-- INSTRUCTIONS FOR THE TASK --
Scan the material and copy every line in which "below" appears.

EXCERPTED RECORDS START

-- ===== src/MysqlAsync/Connect/Login.antt =====
-- A login at a server that accepts the first response.
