-- ===== src/MysqlAsync/Rows.antt =====
-- ormpp/mysql_async.hpp, from the texts of a row to a struct: `assign_integral`, `assign_text_value` and
-- `map_reflectable_row`. `none` is an exception. Floating-point numbers and `char` are left out.
pub mod RoundTrip
use ormpp.Base.{
  ℕ, zero, suc, ◌+◌, ◌-◌, ◌*◌, ◌^◌, ◌%◌, Bool, true, false, not, ◌&&◌, ◌||◌, List, [], ◌∷◌, ◌++◌,
  Option, none, some, ◌==◌, ltb, leb, if◌then◌else◌, Bytes, codes, equal, take, replicate, length,
}
use ormpp.MysqlAsync.Arguments.{Argument, null, boolean, plus, minus, text, chars, blob}

-- The type of a member: an enumerator is read as its underlying type, of so many bits.
pub data Target : Type 0 where
  boolean_target : Target
  unsigned signed : ℕ → Target
  string_target : Target
  array_target : ℕ → Target
  blob_target : Target

-- Digits, and nothing else, as a number behind what was read of it before
unfoldable pub read_digits : ℕ → Bytes → Option ℕ
read_digits value [] = some value
read_digits value (c ∷ s) =
    let later = read_digits (value * 10 + (c - b'0')) s in
    if leb b'0' c && leb c b'9' then later else none

abbrev pub below : ℕ → Option ℕ → Option ℕ
below limit none = none
below limit (some value) = if ltb value limit then some value else none

-- `std::from_chars` on the whole text: at least one digit, and a value less than the limit
unfoldable pub from_chars : ℕ → Bytes → Option ℕ
unfolding read_digits
from_chars limit [] = none
from_chars limit (c ∷ s) = below limit (read_digits 0 (c ∷ s))

abbrev pub as_plus : Option ℕ → Option Argument
as_plus none = none
as_plus (some n) = some (plus n)

-- `minus n` is -(n + 1).
abbrev pub as_minus : Option ℕ → Option Argument
as_minus none = none
as_minus (some zero) = some (plus 0)
as_minus (some (suc n)) = some (minus n)

-- With a sign in front, for a type of `bits` bits with a sign
unfoldable pub from_chars_signed : ℕ → Bytes → Option Argument
unfolding from_chars
from_chars_signed bits [] = none
from_chars_signed bits (c ∷ s) =
    if c == b'-'
    then as_minus (from_chars (2 ^ (bits - 1) + 1) s)
    else as_plus (from_chars (2 ^ (bits - 1)) (c ∷ s))

-- `memset` and `memcpy`
abbrev pub filled : ℕ → Bytes → Bytes
filled size s = take size s ++ replicate (size - length s) 0

unfoldable pub assign_text : Target → Bytes → Option Argument
unfolding from_chars_signed
assign_text boolean_target s =
    some (boolean (not (equal s (codes "0") || equal s (codes "false") || equal s (codes "FALSE"))))
assign_text (unsigned bits) s = as_plus (from_chars (2 ^ bits) s)
assign_text (signed bits) s = from_chars_signed bits s
assign_text string_target s = some (text s)
assign_text (array_target size) s = some (chars (filled size s))
assign_text blob_target s = some (blob s)

-- `U{}`, of an optional or not
unfoldable pub unset_value : Bool → Target → Argument
unset_value true target = null
unset_value false boolean_target = boolean false
unset_value false (unsigned bits) = plus 0
unset_value false (signed bits) = plus 0
unset_value false string_target = text []
unset_value false (array_target size) = chars (replicate size 0)
unset_value false blob_target = blob []

unfoldable pub assign_text_value : Bool → Target → Option Bytes → Option Argument
unfolding assign_text unset_value
assign_text_value optional target none = some (unset_value optional target)
assign_text_value optional target (some s) = assign_text target s

abbrev pub before_values : Option Argument → Option (List Argument) → Option (List Argument)
before_values (some value) (some values) = some (value ∷ values)
before_values _ _ = none

-- The columns behind the last member are not looked at.
unfoldable pub map_reflectable_row :
    List (Bool × Target) → List (Option Bytes) → Option (List Argument)
unfolding assign_text_value
map_reflectable_row [] row = some []
map_reflectable_row (t ∷ targets) [] = none
map_reflectable_row ((optional, target) ∷ targets) (field ∷ row) =
    before_values (assign_text_value optional target field) (map_reflectable_row targets row)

EXCERPTED RECORDS END

-- SOLUTION FOR THIS EXERCISE --
abbrev pub below : ℕ → Option ℕ → Option ℕ
below limit none = none
below limit (some value) = if ltb value limit then some value else none
from_chars limit (c ∷ s) = below limit (read_digits 0 (c ∷ s))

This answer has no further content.